Government recognized Mongolia in January 1987 and established
its first embassy in Ulaanbaatar in June 1988. It formally
opened in September 1988. Secretary of State James A. Baker,
III visited Mongolia in August 1990, and again in July 1991.
Mongolia accredited its first ambassador to the United States
in March 1989.
The United
States has sought to assist Mongolia's movement toward democracy
and market-oriented reform and to expand relations with Mongolia
primarily in the cultural and economic fields. In 1989 and
1990, a cultural accord, Peace Corps accord, consular convention,
and Overseas Private Investment Corporation (OPIC) agreement
were signed.

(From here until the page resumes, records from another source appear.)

-- ===== src/Prelude/Sets.antt =====
-- Hash sets as lists without repetition, and maps into such sets with no empty one: `join` is
-- `entry(k).or_default().insert(v)`, `leave` removes `v` and then an entry that has become empty.
use mathlib.Core.Path.{◌≡◌, refl}
use mathlib.Core.Logic.{inl, inr}
use mathlib.Core.Bool.{Bool, true, false, ◌&&◌, ◌||◌, not}
use mathlib.Core.Option.{Option, none, some}
use mathlib.Core.List.{List, [], ◌∷◌}
use native.Mathlib.Omega.{arith}
use ratatosk.Prelude.Tests.{if◌then◌else◌, Option-cases, Bool-cases}
use ratatosk.Prelude.Lists.{length}
use Prim.Native.Nat.{suc}
use ratatosk.Prelude.Eq.{Eq}
use ratatosk.Prelude.Maps.{Map, lookup, insert, remove, lookup-insert, lookup-remove}

module _ {A : Type 0} ⦃e : Eq A⦄ where
  unfoldable pub contains : A → List A → Bool
  contains a [] = false
  contains a (x ∷ xs) = e.beq x a || contains a xs

  unfoldable pub set_insert : A → List A → List A
  set_insert a [] = a ∷ []
  set_insert a (x ∷ xs) = if e.beq x a then x ∷ xs else x ∷ set_insert a xs

  unfoldable pub set_remove : A → List A → List A
  set_remove a [] = []
  set_remove a (x ∷ xs) = let rest = set_remove a xs in if e.beq x a then rest else x ∷ rest

  pub contains-set_insert :
      (a b : A) (xs : List A) → contains b (set_insert a xs) ≡ (e.beq a b || contains b xs)
  unfolding contains set_insert
  contains-set_insert a b [] = refl
  contains-set_insert a b (x ∷ xs) =
      ground (arith, e.beq_iff a b, e.beq_iff x a, e.beq_iff x b, contains-set_insert a b xs)

  pub contains-set_remove :
      (a b : A) (xs : List A) → contains b (set_remove a xs) ≡ (not (e.beq a b) && contains b xs)
  unfolding contains set_remove
  contains-set_remove a b [] = ground arith
  contains-set_remove a b (x ∷ xs) =
      ground (arith, e.beq_iff a b, e.beq_iff x a, e.beq_iff x b, contains-set_remove a b xs)

module _ {A : Type 0} ⦃e : Eq A⦄ where
  -- No repetition.
  abbrev pub Distinct : List A → Type 0
  Distinct [] = Unit
  Distinct (x ∷ xs) = (contains x xs ≡ false) × Distinct xs

  pub length-set_insert :
      (a : A) (xs : List A)
      → length (set_insert a xs) ≡ (if contains a xs then length xs else suc (length xs))
  unfolding contains set_insert
  length-set_insert a [] = refl
  length-set_insert a (x ∷ xs) = ground (arith, length-set_insert a xs)

  pub set_insert-Distinct : (a : A) (xs : List A) → Distinct xs → Distinct (set_insert a xs)
  unfolding contains set_insert
  set_insert-Distinct a [] d = (refl, tt)
  set_insert-Distinct a (x ∷ xs) (fresh, d) = elim (Bool-cases (e.beq x a)) [
    | inl h ↦ rw h (fresh, d)
    | inr h ↦ rw h (
      ground (arith, contains-set_insert a x xs, fresh, e.beq_iff x a, e.beq_iff a x, h),
      set_insert-Distinct a xs d,
    )
  ]

  pub set_remove-Distinct : (a : A) (xs : List A) → Distinct xs → Distinct (set_remove a xs)
  unfolding contains set_remove
  set_remove-Distinct a [] d = tt
  set_remove-Distinct a (x ∷ xs) (fresh, d) = elim (Bool-cases (e.beq x a)) [
    | inl h ↦ rw h (set_remove-Distinct a xs d)
    | inr h ↦ rw h (ground (arith, contains-set_remove a x xs, fresh), set_remove-Distinct a xs d)
  ]

  length-set_remove_missing :
      (a : A) (xs : List A) → contains a xs ≡ false → length (set_remove a xs) ≡ length xs
  unfolding contains set_remove
  length-set_remove_missing a [] h = refl
  length-set_remove_missing a (x ∷ xs) h = ground (arith, h, length-set_remove_missing a xs)

  pub length-set_remove :
      (a : A) (xs : List A)
      → Distinct xs
      → (if contains a xs then suc (length (set_remove a xs)) else length (set_remove a xs))
        ≡ length xs
  unfolding contains set_remove
  length-set_remove a [] d = refl
  length-set_remove a (x ∷ xs) (fresh, d) =
      ground (arith, fresh, e.beq_iff x a, length-set_remove a xs d, length-set_remove_missing a xs)

abbrev pub or_empty : {A : Type 0} → Option (List A) → List A
or_empty none = []
or_empty (some xs) = xs

abbrev pub is_empty : {A : Type 0} → List A → Bool
is_empty [] = true
is_empty (x ∷ xs) = false

module _ {K V : Type 0} ⦃e : Eq K⦄ ⦃f : Eq V⦄ where
  -- The set of a key; a missing entry is the empty set.
  abbrev pub set_of : K → Map K (List V) → List V
  set_of k m = or_empty (lookup k m)

  abbrev pub joined : K → V → Map K (List V) → Bool
  joined k v m = contains v (set_of k m)

  unfoldable pub join : K → V → Map K (List V) → Map K (List V)
  join k v m = insert k (set_insert v (set_of k m)) m

  -- The entry of `k` is given back as `set`, or taken out when that is empty.
  abbrev pub put_back : K → List V → Map K (List V) → Map K (List V)
  put_back k set m = if is_empty set then remove k m else insert k set m

  abbrev pub leave_set : K → V → Map K (List V) → Option (List V) → Map K (List V)
  leave_set k v m none = m
  leave_set k v m (some set) = put_back k (set_remove v set) m

  unfoldable pub leave : K → V → Map K (List V) → Map K (List V)
  leave k v m = leave_set k v m (lookup k m)

  set_of-join :
      (k j : K) (v : V) (m : Map K (List V))
      → set_of j (join k v m) ≡ (if e.beq k j then set_insert v (set_of k m) else set_of j m)
  unfolding join
  set_of-join k j v m = ground (arith, lookup-insert k j (set_insert v (set_of k m)) m)

  set_of-put_back :
      (k j : K) (set : List V) (m : Map K (List V))
      → set_of j (put_back k set m) ≡ (if e.beq k j then set else set_of j m)
  set_of-put_back k j [] m = ground (arith, lookup-remove k j m)
  set_of-put_back k j (x ∷ set) m = ground (arith, lookup-insert k j (x ∷ set) m)

  set_of-leave :
      (k j : K) (v : V) (m : Map K (List V))
      → set_of j (leave k v m) ≡ (if e.beq k j then set_remove v (set_of k m) else set_of j m)
  unfolding leave set_remove
  set_of-leave k j v m = elim (Option-cases (lookup k m)) [
    | inl n ↦ rw (n, leave) (ground (arith, n, e.beq_iff k j))
    | inr (set, s) ↦ rw (s, leave) (set_of-put_back k j (set_remove v set) m)
  ]

  pub joined-join :
      (k j : K) (v w : V) (m : Map K (List V))
      → joined j w (join k v m) ≡ ((e.beq k j && f.beq v w) || joined j w m)
  joined-join k j v w m =
      ground (arith, e.beq_iff k j, set_of-join k j v m, contains-set_insert v w (set_of k m))

  pub joined-leave :
      (k j : K) (v w : V) (m : Map K (List V))
      → joined j w (leave k v m) ≡ (not (e.beq k j && f.beq v w) && joined j w m)
  joined-leave k j v w m =
      ground (arith, e.beq_iff k j, set_of-leave k j v m, contains-set_remove v w (set_of k m))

A trade agreement was signed in January 1991
and a bilateral investment treaty in 1994. Mongolia was granted
permanent normal trade relations (NTR) status and generalized
system of preferences (GSP) eligibility in June 1999. In July
2004, the U.S. signed a Trade and Investment Framework Agreement
with Mongolia to promote economic reform and more foreign
investment.
The U.S.
Agency for International Development plays a lead role in
providing bilateral American assistance to Mongolia. In most
years since 1993, the United States Department of Agriculture
has provided food aid to Mongolia under the Food for Progress
and 416(b) programs. The monetized proceeds of the food aid
($3.7 million in 2005) are currently used to support programs
bolstering entrepreneurship, herder diversification, better
veterinary services, and disaster relief. The United States
has also supported defense reform and an increased capacity
by Mongolia's armed forces to participate in international
peacekeeping operations.
The Peace
Corps currently has over 100 Volunteers in Mongolia. They
are engaged primarily in English teaching and teacher training
activities. At the request of the Government of Mongolia,
the Peace Corps has developed programs in the areas of public
health, small business development, and youth development.